# how to keep it down



## wicca27 (Oct 13, 2008)

i have some dwarf baby tears in a 10 gal and since there are trumpet snails in the tank it wont stay down any one have any ideas on how to keep it in the gravel. for a look at the tank it is in aquascape catagory and my thread is my first shot. thanks a mill wicca


----------



## Calcimoo (May 15, 2009)

I had 2 of them, barbs and cory cats half destroyed them. So I put them in a tank with no fish, nothing at all, and they still wouldn't stay down and kept falling apart. I'd find them floating all over in tiny bits. Everytime they'd start to grow good again off they'd go. I hope someone tells you how to do it. I still have one little piece left, it is the prettiest stuff.


----------



## davemonkey (Mar 29, 2008)

Try pulling or cutting the clump into smaller clumps or even individual stems.
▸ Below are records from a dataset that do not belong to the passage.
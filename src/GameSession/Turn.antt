-- ===== src/GameSession/Turn.antt =====
-- To whom `advance_to_next_player` passes the turn.
use native.Mathlib.Nat.{mod-eq_of_lt, mod_self}
use ascii_poker.Prelude.{
  dec_lt, ℕ, zero, suc, ◌+◌, ◌%◌, ◌≤◌, ◌<◌, ◌≡◌, ◌≢◌, ap, subst, inl, inr, ◌⊎◌, true, false, List,
  [], ◌∷◌, length, get_or, arith, leb, ◌==◌, Bool-cases, ℕ_discrete,
}
use ascii_poker.GameSession.State.{GameSession, returns}
use ascii_poker.GameSession.Seats.{
  player_at, can_player_act, count_active_players, next_active_loop, find_next_active_player,
  advance_to_next_player, round_complete_loop, is_round_complete,
}

-- A round that is not complete waits for a player who can act.
round_complete_loop-waits :
    (s : GameSession) (ps : List ℕ)
    → round_complete_loop s ps ≡ returns false
    → (i : ℕ) × (i < length ps) × (can_player_act s (get_or ps i 0) ≡ true)
unfolding round_complete_loop
round_complete_loop-waits s [] h = absurd (cc)
round_complete_loop-waits s (p ∷ ps) h = elim (Bool-cases (can_player_act s p)) [
  | inl acts ↦ (0, omega arith, acts)
  | inr waits ↦
      let rest : round_complete_loop s ps ≡ returns false = ground arith in
      let (i, lt, acts) = round_complete_loop-waits s ps rest in (suc i, omega arith, acts)
]

pub is_round_complete-waits :
    (s : GameSession)
    → is_round_complete s ≡ returns false
    → (i : ℕ) × (i < length s.players) × (can_player_act s (player_at s i) ≡ true)
unfolding is_round_complete
is_round_complete-waits s h = elim (Bool-cases (leb (count_active_players s) 1)) [
  | inl few ↦ absurd (ground arith)
  | inr more ↦ round_complete_loop-waits s s.players (ground arith)
]

next_index :
    (n i : ℕ) → i < n → ((i + 1 < n) × ((i + 1) % n ≡ i + 1)) ⊎ ((i + 1 ≡ n) × ((i + 1) % n ≡ 0))
next_index n i h = elim (dec_lt (i + 1) n) [
  | yes inside ↦ inl (inside, mod-eq_of_lt inside)
  | no outside ↦
      let last : i + 1 ≡ n = omega arith in
      inr (last, subst (λ m. (i + 1) % m ≡ 0) last (mod_self (i + 1)))
]

-- On the way from `idx` around the table the seat `j` comes before the seat `cur`, and within
-- `rounds` steps.
abbrev IsAhead : ℕ → ℕ → ℕ → ℕ → ℕ → Type 0
IsAhead n cur j rounds idx =
    ((idx ≤ j) × ((cur < idx) ⊎ (j < cur)) × (j < idx + rounds))
    ⊎ ((j < cur) × (cur < idx) × (n + j < idx + rounds))

next_active_loop-acts :
    (s : GameSession) (j rounds idx : ℕ)
    → idx < length s.players
    → j < length s.players
    → can_player_act s (player_at s j) ≡ true
    → IsAhead (length s.players) s.current_player_index j rounds idx
    → can_player_act s (player_at s (next_active_loop s rounds idx)) ≡ true
unfolding next_active_loop
next_active_loop-acts s j zero idx h lt acts ahead = absurd (omega arith)
next_active_loop-acts s j (suc rounds) idx h lt acts ahead =
    let n = length s.players in
    let step = next_index n idx h in
    let next = (idx + 1) % n in
    elim (Bool-cases (can_player_act s (player_at s idx))) [
      | inl here ↦ rw here here
      | inr waits ↦ elim (ℕ_discrete idx j) [
        | yes same ↦ absurd (ground (arith, ap (player_at s) same))
        | no other ↦
            let differs : (idx == s.current_player_index) ≡ false = ground arith in
            rw (waits, differs)
              (next_active_loop-acts s j rounds next (ground arith) lt acts (ground arith))
      ]
    ]

-- If a player at the table other than the one whose turn it is, who is at an index of the table,
-- can act, the turn passes to one who can.
pub advance-acts :
    (s : GameSession) (j : ℕ)
    → j < length s.players
    → s.current_player_index < length s.players
    → j ≢ s.current_player_index
    → can_player_act s (player_at s j) ≡ true
    → let t = advance_to_next_player s in
      can_player_act t (player_at t t.current_player_index) ≡ true
unfolding advance_to_next_player find_next_active_player
advance-acts s j lt current other acts =
    let n = length s.players in
    let cur = s.current_player_index in
    let some_players : (n == 0) ≡ false = ground arith in
    let step = next_index n cur current in
    rw some_players
      (next_active_loop-acts s j n ((cur + 1) % n) (ground arith) lt acts (ground arith))
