-- ===== src/GameSession/Waiting.antt =====
-- A round that still waits for a player (`count_active_players`, `is_round_complete`,
-- `advance_to_next_player` and `ask_current_player` of game_session.cpp).
use ascii_poker.Prelude.{
  ℕ, ◌≤◌, ◌<◌, ◌≡◌, ◌≢◌, sym, ap, ◌∙◌, subst, Bool, true, false, not, List, [], ◌∷◌, length, elem,
  All, keep_if, arith, leb, ◌==◌, ℕ_discrete, at_key, value_or_0,
}
use ascii_poker.Protocol.{your_turn}
use ascii_poker.GameSession.State.{GameSession, returns, emit, send_message}
use ascii_poker.GameSession.Seats.{
  player_at, can_player_act, count_active_players, advance_to_next_player, round_complete_loop,
  is_round_complete,
}
use ascii_poker.GameSession.Notify.{turn_offer}
use ascii_poker.GameSession.Turn.{advance-acts}
use ascii_poker.GameSession.Seated.{HasSeat, elem-get_or}
use ascii_poker.GameSession.Opening.{SoundWithin}

-- Two players who differ and have not folded.
live_one :
    (f : ℕ → Bool) (q : ℕ) (ps : List ℕ) → elem q ps ≡ true → f q ≡ true → 1 ≤ length (keep_if f ps)
live_one f q [] here k = absurd (cc)
live_one f q (x ∷ ps) here k = elim (ℕ_discrete x q) [
  | yes same ↦ let kept : f x ≡ true = ap f same ∙ k in ground arith
  | no other ↦ ground (arith, live_one f q ps)
]

live_two :
    (f : ℕ → Bool) (p q : ℕ) (ps : List ℕ)
    → elem p ps ≡ true
    → elem q ps ≡ true
    → (q == p) ≡ false
    → f p ≡ true
    → f q ≡ true
    → 2 ≤ length (keep_if f ps)
live_two f p q [] here there other k l = absurd (cc)
live_two f p q (x ∷ ps) here there other k l = elim (ℕ_discrete x p) [
  | yes same ↦ let kept : f x ≡ true = ap f same ∙ k in ground (arith, live_one f q ps)
  | no differs ↦ elim (ℕ_discrete x q) [
    | yes same ↦ let kept : f x ≡ true = ap f same ∙ l in ground (arith, live_one f p ps)
    | no differs' ↦ ground (arith, live_two f p q ps)
  ]
]

-- A round is not complete while a player who can act has bet less than the bet to match.
round_complete_loop-behind :
    (s : GameSession) (q : ℕ) (ps : List ℕ)
    → All (HasSeat s.chips s.round_bets s.hands) ps
    → elem q ps ≡ true
    → can_player_act s q ≡ true
    → at_key s.round_bets q < s.current_bet
    → round_complete_loop s ps ≡ returns false
unfolding round_complete_loop at_key
round_complete_loop-behind s q [] seats here acts behind = absurd (cc)
round_complete_loop-behind s q (p ∷ ps) seats here acts behind = elim (ℕ_discrete p q) [
  | yes same ↦
      let acts' : can_player_act s p ≡ true = ap (can_player_act s) same ∙ acts in
      let behind' : value_or_0 (s.round_bets p) < s.current_bet =
        subst (λ (k : ℕ). value_or_0 (s.round_bets k) < s.current_bet) (sym same) behind in
      let seat = seats.0.1 in ground arith
  | no other ↦
      let rest = round_complete_loop-behind s q ps seats.1 (ground arith) acts behind in
      let seat = seats.0.1 in ground arith
]

-- Two players who differ sit at the table, can act, and one has bet less than the bet to match.
pub record IsOpen (p q j n : ℕ) (s : GameSession) : Type 0 where
  pub sound : SoundWithin n s
  pub seated : elem p s.players ≡ true
  pub at_seat : player_at s j ≡ q
  pub seat : j < length s.players
  pub differs : (q == p) ≡ false
  pub in_turn : player_at s s.current_player_index ≡ p
  pub live : s.folded_players p ≡ false
  pub acts : can_player_act s q ≡ true
  pub behind : at_key s.round_bets q < s.current_bet

module _ (p q j n : ℕ) (s : GameSession) (h : IsOpen p q j n s) where
  other_seated : elem q s.players ≡ true
  other_seated =
      subst (λ (k : ℕ). elem k s.players ≡ true) h.at_seat (elem-get_or s.players j h.seat)

  pub two_live : 2 ≤ count_active_players s
  unfolding count_active_players
  two_live =
      let acts = h.acts in
      let live = h.live in
      live_two (λ k. not (s.folded_players k)) p q s.players h.seated other_seated h.differs
        (ground arith) (ground arith)

  -- The player to whom the turn is passed can act.
  pub next_acts :
      let t = advance_to_next_player s in
      can_player_act t (player_at t t.current_player_index) ≡ true
  next_acts =
      advance-acts s j h.seat h.sound.0.current not_same (ap (can_player_act s) h.at_seat ∙ h.acts)
    where
      not_same : j ≢ s.current_player_index
      not_same same =
          let same_player = sym h.at_seat ∙ ap (player_at s) same ∙ h.in_turn in
          let differs = h.differs in ground arith

  pub not_complete : is_round_complete (advance_to_next_player s) ≡ returns false
  unfolding is_round_complete advance_to_next_player count_active_players
  not_complete =
      let many = two_live in
      let few : leb (count_active_players s) 1 ≡ false = ground arith in
      rw few (
        round_complete_loop-behind (advance_to_next_player s) q s.players h.sound.0.seated
          other_seated h.acts h.behind)

-- The next player is asked.
abbrev pub asked : GameSession → GameSession
asked s =
    let next = player_at s s.current_player_index in
    emit (send_message next (your_turn (turn_offer s next))) s
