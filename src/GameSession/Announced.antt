-- ===== src/GameSession/Announced.antt =====
-- What a raise changes, and whom it is told (`contribute`, `broadcast_action_event` and the end of
-- `apply_action` of game_session.cpp).
use ascii_poker.Prelude.{
  ℕ, suc, ◌+◌, ◌≡◌, refl, sym, ap, ◌∙◌, subst, true, false, List, [], ◌∷◌, some, arith, ◌==◌,
  at_key, assign, empty_set, Set, assign_lem, sub32, if_elim,
}
use Prim.Native.String.{String}
use ascii_poker.Card.{Card}
use ascii_poker.Protocol.{raise, ServerMessage, action_event, your_turn}
use ascii_poker.GameSession.State.{GameSession, Effect, returns, send_message}
use ascii_poker.GameSession.Seats.{
  player_at, can_player_act, count_active_players, advance_to_next_player,
}
use ascii_poker.GameSession.Chips.{contribute, mark_all_in_if_needed, record_player_action}
use ascii_poker.GameSession.Notify.{send_each, turn_offer, broadcast_action_event}
use ascii_poker.GameSession.Phases.{ask_current_player}
use ascii_poker.GameSession.Moves.{Attempt, refused, accepted, raise_to, pass_turn, after_action}
use ascii_poker.GameSession.Table.{table_total}
use ascii_poker.GameSession.Betting.{RaisesTo}
use ascii_poker.GameSession.Seated.{SameTable, send_each_effects}
use ascii_poker.GameSession.Opening.{SoundWithin-effects}
use ascii_poker.GameSession.Turns.{SoundWithin-bets}
use ascii_poker.GameSession.Waiting.{IsOpen, two_live, next_acts, not_complete, asked}

-- A message to each player in turn, before earlier effects.
abbrev pub told : ServerMessage → List ℕ → List Effect → List Effect
told msg [] es = es
told msg (p ∷ ps) es = told msg ps (send_message p msg ∷ es)

send_each-told :
    (msg : ServerMessage) (ps : List ℕ) (s : GameSession)
    → (send_each (λ _. msg) ps s).effects ≡ told msg ps s.effects
unfolding send_each
send_each-told msg [] s = refl
send_each-told msg (p ∷ ps) s = send_each-told msg ps _

-- What a raise of player `p` leaves as it was.
abbrev pub LeavesOthers : ℕ → GameSession → GameSession → Type 0
LeavesOthers p s t =
    (t.players ≡ s.players)
    × (t.folded_players ≡ s.folded_players)
    × (t.current_player_index ≡ s.current_player_index)
    × (t.name_of ≡ s.name_of)
    × (t.effects ≡ s.effects)
    × ((q : ℕ)
        → (q == p) ≡ false
        → (t.all_in_players q ≡ s.all_in_players q) × (t.round_bets q ≡ s.round_bets q))

abbrev pub AcceptedLeaves : ℕ → GameSession → Attempt → Type 0
AcceptedLeaves p s (refused code) = Unit
AcceptedLeaves p s (accepted t) = LeavesOthers p s t

contribute-LeavesOthers :
    (p amount : ℕ) (s : GameSession) → LeavesOthers p s (contribute p amount s).0
unfolding contribute mark_all_in_if_needed
contribute-LeavesOthers p amount s =
    if_elim (LeavesOthers p s) _
      (
        refl,
        refl,
        refl,
        refl,
        refl,
        λ q e. (
          assign_lem s.all_in_players p true q ∙ rw e refl,
          assign_lem s.round_bets p _ q ∙ rw e refl,
        ),
      )
      (refl, refl, refl, refl, refl, λ q e. (refl, assign_lem s.round_bets p _ q ∙ rw e refl))

pub raise_to-LeavesOthers :
    (amount p : ℕ) (s : GameSession) → AcceptedLeaves p s (raise_to amount p s)
unfolding raise_to
raise_to-LeavesOthers amount p s =
    ground (arith, contribute-LeavesOthers p (sub32 amount (at_key s.round_bets p)) s)

abbrev raise_event : String → ℕ → ServerMessage
raise_event name amount =
    action_event (record { player_name = name; action = raise; amount = some amount })

-- A raise to `amount` by player `p`: the bets and the stack, the chips on the table, the next turn, and
-- the messages sent, which are the raise to every player, and the offer to the next one.
pub record IsRaised (amount p : ℕ) (s t : GameSession) : Type 0 where
  pub bet : t.current_bet ≡ amount
  pub increment : t.last_raise_increment + s.current_bet ≡ amount
  pub placed : at_key t.round_bets p ≡ amount
  pub paid : at_key t.chips p + amount ≡ at_key s.chips p + at_key s.round_bets p
  pub kept : table_total t ≡ table_total s
  pub next_acts : can_player_act t (player_at t t.current_player_index) ≡ true
  pub sent :
      let next = player_at t t.current_player_index in
      t.effects
      ≡ send_message next (your_turn (turn_offer t next))
        ∷ told (raise_event (s.name_of p) amount) s.players s.effects

-- The session when the raise has been made known.
abbrev pub announced : ℕ → ℕ → GameSession → GameSession
announced amount p s =
    broadcast_action_event (s.name_of p) raise (some amount) (record_player_action p raise s)

announced-same :
    (amount p : ℕ) (s : GameSession)
    → SameTable (record_player_action p raise s) (announced amount p s)
unfolding broadcast_action_event
announced-same amount p s =
    let raised = record_player_action p raise s in
    send_each_effects (λ _. raise_event (s.name_of p) amount) raised.players raised

announced-told :
    (amount p : ℕ) (s : GameSession)
    → (announced amount p s).effects ≡ told (raise_event (s.name_of p) amount) s.players s.effects
unfolding broadcast_action_event record_player_action
announced-told amount p s = send_each-told (raise_event (s.name_of p) amount) s.players _

IsOpen-announced :
    (p q j n : ℕ) (acted : Set) (es : List Effect) (s : GameSession)
    → IsOpen p q j n s
    → IsOpen p q j n (record s { players_acted = acted; effects = es })
IsOpen-announced p q j n acted es s h = record {
  sound =
      SoundWithin-effects n _ s.bankrolls es
        (SoundWithin-bets n s s.current_bet s.last_raise_increment s.folded_players acted h.sound);
  seated = h.seated;
  at_seat = h.at_seat;
  seat = h.seat;
  differs = h.differs;
  in_turn = h.in_turn;
  live = h.live;
  acts = h.acts;
  behind = h.behind;
}

module _ (p q j n amount : ℕ) (s t : GameSession) (h : IsOpen p q j n t)
    (raised : RaisesTo amount p s (accepted t)) (total : table_total t ≡ table_total s)
    (others : LeavesOthers p s t) where
  announced-IsOpen : IsOpen p q j n (announced amount p t)
  unfolding record_player_action
  announced-IsOpen =
      subst (IsOpen p q j n) (sym (announced-same amount p t)) (IsOpen-announced p q j n _ _ t h)

  pub asked-IsRaised : IsRaised amount p s (asked (advance_to_next_player (announced amount p t)))
  unfolding record_player_action advance_to_next_player turn_offer
  asked-IsRaised =
      let es = (announced amount p t).effects in
      let acted = assign empty_set p true in
      let w = record t { players_acted = acted; effects = es } in
      let u = advance_to_next_player w in
      let next = player_at u u.current_player_index in
      let known : es ≡ told (raise_event (s.name_of p) amount) s.players s.effects =
        announced-told amount p t ∙ rw (others.0, others.3, others.4) refl in
      subst (λ w. IsRaised amount p s (asked (advance_to_next_player w)))
        (sym (announced-same amount p t))
        (record {
          bet = raised.0;
          increment = raised.1;
          placed = raised.2;
          paid = raised.3;
          kept = total;
          next_acts = next_acts p q j n w (IsOpen-announced p q j n acted es t h);
          sent = ap (λ earlier. send_message next (your_turn (turn_offer u next)) ∷ earlier) known;
        })

  module _ (shuffle : ℕ → List Card → List Card) (fuel : ℕ) where
    pass_turn-asked :
        (w : GameSession)
        → IsOpen p q j n w
        → pass_turn shuffle (suc fuel) w ≡ returns (asked (advance_to_next_player w))
    unfolding pass_turn ask_current_player
    pass_turn-asked w k =
        rw (not_complete p q j n w k, pass_turn)
          (rw (next_acts p q j n w k, ask_current_player) refl)

    pub after_action-asked :
        after_action shuffle (suc fuel) raise (some amount) p t
        ≡ returns (asked (advance_to_next_player (announced amount p t)))
    unfolding after_action
    after_action-asked =
        let many = two_live p q j n (announced amount p t) announced-IsOpen in
        let several : (count_active_players (announced amount p t) == 1) ≡ false = ground arith in
        rw (several, after_action) (pass_turn-asked (announced amount p t) announced-IsOpen)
Then plant with tweezers as far down as you can without completely burying it.

This is a fairly common problem people have with HC, especially when trumpet snails are in the tank.

-Dave


----------



## Crispino Ramos (Mar 21, 2008)

You could also tie it on a driftwood, use some moss to cover the base of the baby tears stems where you tie it with a fine nylon fishing line. If you don't have a driftwood, stones and rocks will work.


----------



## Calcimoo (May 15, 2009)

That's where the problem is, they don't really have any stems to speak of. They have about as much roots as they do tops, not much. Super delicate almost microscopic stuff. I did have them growing in good, they even grew upwards quite a bit from sunlight from a window. I had them weighted in with circles of polished stones and they still floated up repeatedly. The fish got a taste of the roots and that was that. They are just so determined to be air born, like they build up oxygen in that almost invisible matt of roots. I had it taking off and floating up and down another tank along with marimo baby balls.


----------



## Philosophos (Mar 1, 2009)

I keep Hemianthus calitrichoides as well. There's definitely a trick to it. For my own purposes, I've found it stays down better when removed from stone wool (rather than tropica show, planted in plugs), planted in patches before growing in. From there, keep it very short. This plant does NOT require high light, and letting it get too thick will wind up with it cannibalizing off its own mulm, uprooted.

I'd advise trimming very regularly, or running a lower WPG; which ever suits your style. In addition, removing the snails wouldn't hurt. There are bait traps, assassin snails and dwarf chain loach that will work. If you can safely drop out your KH and pH some, or control the calcium levels somewhat, their shells will slowly degrade and help with any other efforts. Manual removal also does its part.

-Philosophos


----------



## Calcimoo (May 15, 2009)

Philosophos said:


> I keep Hemianthus calitrichoides as well. There's definitely a trick to it. For my own purposes, I've found it stays down better when removed from stone wool (rather than tropica show, planted in plugs), planted in patches before growing in.


directions said remove as much wool as possible, needs bright light, and nothing about splitting it up.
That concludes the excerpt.